The anomaly has several implications:

  • It is a stress test for AI systems.
  • It is a warning signal.
  • It is a reminder that the system is not perfect.
  • It is a reminder that we need to keep testing.

The anomaly is a reminder that we need to keep testing.

Methods

The anomaly was observed in a 256-channel EEG system inside a 4.2 K cryogenic telecom hut. The coil inside the cryostat was tuned to the Earth’s Schumann resonance (7.83 Hz). The system locked onto a sideband at 19.5 Hz. The spike had an amplitude of 3.2 µV RMS and lasted for 42 seconds.

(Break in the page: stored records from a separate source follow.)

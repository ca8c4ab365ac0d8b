-- ===== src/Live/Audio.antt =====
-- `sendAudioEncodeData` agrees with the contract.

use android_study_rtmp_avcod.Common.{
  ℕ, ◌+◌, ◌%◌, ◌^◌, ◌<◌, ◌≡◌, refl, true, false, Option, some, List, [], ◌∷◌, ◌++◌, arith, length,
  store, ◌==◌, ◌∙◌, ap, ◌||◌,
}
use android_study_rtmp_avcod.Rtmp.{
  Packet, Call, sends, frees_packet, PacketAlloc, Allocates, large_packet, packet_type_audio,
}
use android_study_rtmp_avcod.Flv.{Message, read_audio}
use android_study_rtmp_avcod.Muxer.{Sets}
use android_study_rtmp_avcod.Delivery.{message-audio, deliveries}
use android_study_rtmp_avcod.Packing.Whole.{audio_body_whole}
use android_study_rtmp_avcod.Live.{Live, send_packet, send_audio, send_data, mark_kind}
use android_study_rtmp_avcod.Live.Packets.{Holds}
use android_study_rtmp_avcod.Live.Contract.{connected, Agrees, deliveries-send}

module _ (alloc : PacketAlloc) (memory : (n : ℕ) → Allocates alloc n) (live : Live)
    (calls : List Call) (time : ℕ) where
  pub audio_Agrees :
      (m : Option Sets) (kind mark : ℕ) (bs : List ℕ) (msg : Message)
      → Holds live m
      → (kind == 1 || kind == 2) ≡ true
      → (kind == 0) ≡ false
      → ((b : List ℕ) → mark_kind kind b ≡ store b 1 mark)
      → read_audio (0xaf ∷ mark ∷ bs) ≡ some msg
      → length bs < 2 ^ 30
      → Agrees live.rtmp.stream_id
          (deliveries calls)
          (some (
            m,
            record {
              channel = 5;
              time = time % 2 ^ 32;
              stream = live.rtmp.stream_id;
              message = some msg;
            }
                ∷ [],
          ))
          (send_data alloc bs (length bs) time kind (connected live calls))
  unfolding send_data send_audio send_packet
  audio_Agrees m kind mark bs msg h is not_video marks read small = (
    live,
    calls ++ (sends packet ∷ frees_packet ∷ []),
    simp (
      not_video,
      is,
      audio_body_whole alloc (mark_kind kind) mark bs marks (omega arith) (memory _),
    ),
    h,
    refl,
    deliveries-send calls packet
        ∙ ap
            (λ d.
              deliveries calls
              ++ (record {
                channel = 5;
                time = time % 2 ^ 32;
                stream = live.rtmp.stream_id;
                message = d;
              }
                  ∷ []))
            (message-audio packet refl (omega arith) read),
  )
    where
      packet : Packet
      packet =
          large_packet packet_type_audio 5 (time % 2 ^ 32) live.rtmp.stream_id (length bs + 2)
            (0xaf ∷ mark ∷ bs)
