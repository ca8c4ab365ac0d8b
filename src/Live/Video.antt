-- ===== src/Live/Video.antt =====
-- `sendVideoEncodeData` agrees with the contract: parameter sets, key frames and the other units.

use android_study_rtmp_avcod.Common.{
  ℕ, ◌%◌, ◌^◌, ◌≡◌, ◌≢◌, refl, sym, false, Option, none, some, List, [], ◌∷◌, ◌++◌, append-nil,
  arith, length, done, load, ◌==◌, ne→==, ◌∙◌, ap,
}
use android_study_rtmp_avcod.Rtmp.{Packet, Call, PacketAlloc, Allocates}
use android_study_rtmp_avcod.Flv.{avc_unit, avc_config}
use android_study_rtmp_avcod.Muxer.{Sets, sps_of, pps_of, sets, unit, next}
use android_study_rtmp_avcod.Delivery.{deliver, deliveries}
use mathlib.Core.Path.{ap₂}
use android_study_rtmp_avcod.Live.{
  Live, send_packet, send_video, send_data, keep_sets, create_frame_packet, create_sps_pps_packet,
}
use android_study_rtmp_avcod.Live.Save.{start_code, save_sps_pps_eq}
use android_study_rtmp_avcod.Live.Packets.{Holds, create_sps_pps_packet_delivers}
use android_study_rtmp_avcod.Live.Contract.{
  bytes_of, Fits, connected, Agrees, deliveries-send, deliveries-send-send,
}

module _ (alloc : PacketAlloc) (memory : (n : ℕ) → Allocates alloc n) (live : Live)
    (calls : List Call) (time : ℕ) where
  pub send_sets :
      (m : Option Sets) (q : Sets)
      → Holds live m
      → Fits (sets q)
      → Agrees live.rtmp.stream_id (deliveries calls) (next live.rtmp.stream_id time m (sets q)) (
          send_data alloc
            (bytes_of (sets q))
            (length (bytes_of (sets q)))
            time
            0
            (connected live calls))
  unfolding send_data send_video keep_sets next load
  send_sets none q (hs, hp) (ls, lp, u) = (
    record live {
      sps_length = length (sps_of q);
      sps = some (sps_of q);
      pps_length = length (pps_of q);
      pps = some (pps_of q);
    },
    calls,
    simp (hs, save_sps_pps_eq (sps_of q) q.pps_rest live ls (omega arith) u),
    (refl, refl, refl, refl, ls, lp),
    refl,
    sym (append-nil _),
  )
  send_sets (some r) q h f = (live, calls, simp (h.0, h.1), h, refl, sym (append-nil _))

  -- A packet for the unit, as `create_frame_packet_delivers` has it.
  abbrev pub Frame : ℕ → List ℕ → Type 0
  Frame t nal =
      let p = start_code ++ (t ∷ nal) in
      (packet : Packet) × (create_frame_packet alloc live p (length p) time ≡ done packet)
      × (deliver packet ≡ record {
        channel = 4;
        time = time % 2 ^ 32;
        stream = live.rtmp.stream_id;
        message = some (avc_unit (t == 0x65) (t ∷ nal));
      })

  abbrev Config : Sets → Type 0
  Config q =
      (packet : Packet) × (create_sps_pps_packet alloc live ≡ done packet)
      × (deliver packet ≡ record {
        channel = 4;
        time = 0;
        stream = live.rtmp.stream_id;
        message = some (avc_config q.profile q.compatibility q.level (sps_of q) (pps_of q));
      })

  send_inter :
      (t : ℕ) (nal : List ℕ)
      → t ≢ 0x67
      → t ≢ 0x65
      → Frame t nal
      → (packet : Packet) × (send_video alloc
            (start_code ++ (t ∷ nal))
            (length (start_code ++ (t ∷ nal)))
            time
            (connected live calls)
          ≡ done (send_packet packet (connected live calls)))
        × (deliver packet ≡ record {
          channel = 4;
          time = time % 2 ^ 32;
          stream = live.rtmp.stream_id;
          message = some (avc_unit false (t ∷ nal));
        })
  unfolding send_video load
  send_inter t nal set key (packet, built, seen) =
      (packet, simp (ne→== t 0x67 set, ne→== t 0x65 key, built), simp (ne→== t 0x65 key) at seen)

  send_key :
      (nal : List ℕ) (q : Sets) (f : Frame 0x65 nal) (c : Config q)
      → send_video alloc
          (start_code ++ (0x65 ∷ nal))
          (length (start_code ++ (0x65 ∷ nal)))
          time
          (connected live calls)
        ≡ done (send_packet f.0 (send_packet c.0 (connected live calls)))
  unfolding send_video load send_packet
  send_key nal q (packet, built, _) (config, built', _) = simp (built', built)

  pub inter_Agrees :
      (m : Option Sets) (t : ℕ) (nal : List ℕ)
      → Holds live m
      → t ≢ 0x67
      → t ≢ 0x65
      → Frame t nal
      → Agrees live.rtmp.stream_id
          (deliveries calls)
          (next live.rtmp.stream_id time m (unit t nal))
          (send_data alloc
            (bytes_of (unit t nal))
            (length (bytes_of (unit t nal)))
            time
            0
            (connected live calls))
  unfolding send_data next send_packet
  inter_Agrees m t nal h set key f = sent m h (send_inter t nal set key f)
    where
      sent :
          (m : Option Sets)
          → Holds live m
          → (packet : Packet) × (send_video alloc
                (start_code ++ (t ∷ nal))
                (length (start_code ++ (t ∷ nal)))
                time
                (connected live calls)
              ≡ done (send_packet packet (connected live calls)))
            × (deliver packet ≡ record {
              channel = 4;
              time = time % 2 ^ 32;
              stream = live.rtmp.stream_id;
              message = some (avc_unit false (t ∷ nal));
            })
          → Agrees live.rtmp.stream_id
              (deliveries calls)
              (next live.rtmp.stream_id time m (unit t nal))
              (send_data alloc
                (bytes_of (unit t nal))
                (length (bytes_of (unit t nal)))
                time
                0
                (connected live calls))
      sent none h (packet, e, seen) = rw (ne→== t 0x65 key) (
        live,
        _,
        e,
        h,
        refl,
        deliveries-send calls packet ∙ ap (λ d. deliveries calls ++ (d ∷ [])) seen,
      )
      sent (some q) h (packet, e, seen) = rw (ne→== t 0x65 key) (
        live,
        _,
        e,
        h,
        refl,
        deliveries-send calls packet ∙ ap (λ d. deliveries calls ++ (d ∷ [])) seen,
      )

  pub key_Agrees :
      (m : Option Sets) (nal : List ℕ)
      → Holds live m
      → Frame 0x65 nal
      → Agrees live.rtmp.stream_id
          (deliveries calls)
          (next live.rtmp.stream_id time m (unit 0x65 nal))
          (send_data alloc
            (bytes_of (unit 0x65 nal))
            (length (bytes_of (unit 0x65 nal)))
            time
            0
            (connected live calls))
  unfolding send_data send_video next send_packet create_sps_pps_packet load
  key_Agrees none nal h f = simp h.0
  key_Agrees (some q) nal h f = sent f (create_sps_pps_packet_delivers alloc live q h (memory _))
    where
      sent :
          (f : Frame 0x65 nal) (c : Config q)
          → Agrees live.rtmp.stream_id
              (deliveries calls)
              (next live.rtmp.stream_id time (some q) (unit 0x65 nal))
              (send_data alloc
                (bytes_of (unit 0x65 nal))
                (length (bytes_of (unit 0x65 nal)))
                time
                0
                (connected live calls))
      sent (packet, built, seen) (config, built', seen') = (
        live,
        _,
        send_key nal q (packet, built, seen) (config, built', seen'),
        h,
        refl,
        deliveries-send-send calls config packet
            ∙ ap₂ (λ c d. deliveries calls ++ (c ∷ d ∷ [])) seen' seen,
      )
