-- ===== src/Live/Stream.antt =====
-- `sendData` against the contract of the stream: unit by unit, and for a whole stream.
use native.Mathlib.Decide.{ℕ_discrete}
use android_study_rtmp_avcod.Common.{
  ℕ, ◌≡◌, refl, sym, Option, none, some, List, [], ◌∷◌, ◌++◌, append-nil, append_assoc, arith,
  length, done, Run, ◌>>=◌, ◌∙◌,
}
use android_study_rtmp_avcod.Rtmp.{Call, PacketAlloc, Allocates}
use android_study_rtmp_avcod.Flv.{read_audio, aac_config, aac_frame}
use android_study_rtmp_avcod.Muxer.{
  Sets, Input, sets, unit, header, frame, next, stream_of, prepend,
}
use android_study_rtmp_avcod.Delivery.{Delivery, deliveries}
use mathlib.Core.Path.{subst}
use android_study_rtmp_avcod.Live.{Live, State, send_data}
use android_study_rtmp_avcod.Live.Packets.{Holds, create_frame_packet_delivers}
use android_study_rtmp_avcod.Live.Contract.{bytes_of, kind_of, Fits, connected, Agrees}
use android_study_rtmp_avcod.Live.Video.{send_sets, key_Agrees, inter_Agrees}
use android_study_rtmp_avcod.Live.Audio.{audio_Agrees}

module _ (alloc : PacketAlloc) (memory : (n : ℕ) → Allocates alloc n) (live : Live)
    (calls : List Call) (time : ℕ) where
  -- Every input that fits, if memory is found: the code does what the contract says, on every branch.
  pub send_data-Agrees :
      (m : Option Sets) (i : Input)
      → Holds live m
      → Fits i
      → Agrees live.rtmp.stream_id (deliveries calls) (next live.rtmp.stream_id time m i) (
          send_data alloc
            (bytes_of i)
            (length (bytes_of i))
            time
            (kind_of i)
            (connected live calls))
  unfolding next read_audio
  send_data-Agrees m (sets q) h f = send_sets alloc memory live calls time m q h f
  send_data-Agrees m (unit t nal) h f = elim (ℕ_discrete t 0x65) [
    | yes e ↦ rw e (
        key_Agrees alloc memory live calls time m nal h
          (create_frame_packet_delivers alloc live 0x65 nal time (omega arith) (memory _)))
    | no key ↦
        inter_Agrees alloc memory live calls time m t nal h f.0 key
          (create_frame_packet_delivers alloc live t nal time (omega arith) (memory _))
  ]
  send_data-Agrees none (header bs) h f =
      audio_Agrees alloc memory live calls time none 1 0 bs (aac_config bs) h refl refl (λ b. refl)
        refl f
  send_data-Agrees (some q) (header bs) h f =
      audio_Agrees alloc memory live calls time (some q) 1 0 bs (aac_config bs) h refl refl
        (λ b. refl) refl f
  send_data-Agrees none (frame bs) h f =
      audio_Agrees alloc memory live calls time none 2 1 bs (aac_frame bs) h refl refl (λ b. refl)
        refl f
  send_data-Agrees (some q) (frame bs) h f =
      audio_Agrees alloc memory live calls time (some q) 2 1 bs (aac_frame bs) h refl refl
        (λ b. refl) refl f

-- Java's loop over the encoded units: each is sent with its time.
pub send_all : PacketAlloc → List (ℕ × Input) → State → Run State
send_all alloc [] s = done s
send_all alloc ((time, i) ∷ is) s =
    send_data alloc (bytes_of i) (length (bytes_of i)) time (kind_of i) s >>= send_all alloc is

abbrev pub AllFit : List (ℕ × Input) → Type 0
AllFit [] = Unit {0}
AllFit ((time, i) ∷ is) = Fits i × AllFit is

Agrees-prepend :
    (stream : ℕ) (before out : List Delivery) (o : Option (Option Sets × List Delivery))
    (r : Run State)
    → Agrees stream (before ++ out) o r
    → Agrees stream before (prepend out o) r
Agrees-prepend stream before out none r a = a
Agrees-prepend stream before out (some (m, more)) r (live, calls, e, h, id, d) =
    (live, calls, e, h, id, d ∙ append_assoc before out more)

-- What follows a run that agrees with the contract need agree from where the run ends.
Agrees-bind :
    (stream : ℕ) (before : List Delivery) (o : Option (Option Sets × List Delivery)) (r : Run State)
    (spec : Option Sets → Option (Option Sets × List Delivery)) (rest : State → Run State)
    → Agrees stream before o r
    → ((live : Live) (calls : List Call) (m : Option Sets)
        → Holds live m
        → live.rtmp.stream_id ≡ stream
        → Agrees stream (deliveries calls) (spec m) (rest (connected live calls)))
    → Agrees stream before
        (elim o [ none ↦ none | some (m, out) ↦ prepend out (spec m) ])
        (r >>= rest)
Agrees-bind stream before none r spec rest a k = rw a
Agrees-bind stream before (some (m, out)) r spec rest (live, calls, e, h, id, d) k = rw e (
    Agrees-prepend stream before out (spec m) (rest (connected live calls))
      (rw d at (k live calls m h id)))

-- A whole stream of inputs that fit, if memory is found: the server receives exactly what the
-- contract says, in order, and the run ends in a fault exactly where the contract refuses a key
-- frame.
pub send_all-Agrees :
    (alloc : PacketAlloc) (memory : (n : ℕ) → Allocates alloc n) (is : List (ℕ × Input))
    (live : Live) (calls : List Call) (m : Option Sets)
    → Holds live m
    → AllFit is
    → Agrees live.rtmp.stream_id
        (deliveries calls)
        (stream_of live.rtmp.stream_id m is)
        (send_all alloc is (connected live calls))
unfolding send_all stream_of
send_all-Agrees alloc memory [] live calls m h f = (live, calls, refl, h, refl, sym (append-nil _))
send_all-Agrees alloc memory ((time, i) ∷ is) live calls m h f =
    Agrees-bind live.rtmp.stream_id (deliveries calls) (next live.rtmp.stream_id time m i) _
      (λ m'. stream_of live.rtmp.stream_id m' is) (send_all alloc is)
      (send_data-Agrees alloc memory live calls time m i h f.0)
      λ live' calls' m' h' id.
        subst
          (λ k.
            Agrees k (deliveries calls') (stream_of k m' is)
              (send_all alloc is (connected live' calls')))
          id (send_all-Agrees alloc memory is live' calls' m' h' f.1)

The coil was a 256-turn NbTi superconducting Helmholtz coil, 0.8 m outer diameter, 0.6 H inductance, 0.5 mm AWG wire. The coil was suspended inside the cryostat and connected to the EEG system. The coil was tuned to 7.83 Hz by adjusting the bias current.

The EEG system was a 256-channel HydroCel GSN cap, 0.1–10 Hz bandpass, 19.5 Hz narrowband filter. The system sampled at 1000 Hz and recorded 3.2 µV RMS noise.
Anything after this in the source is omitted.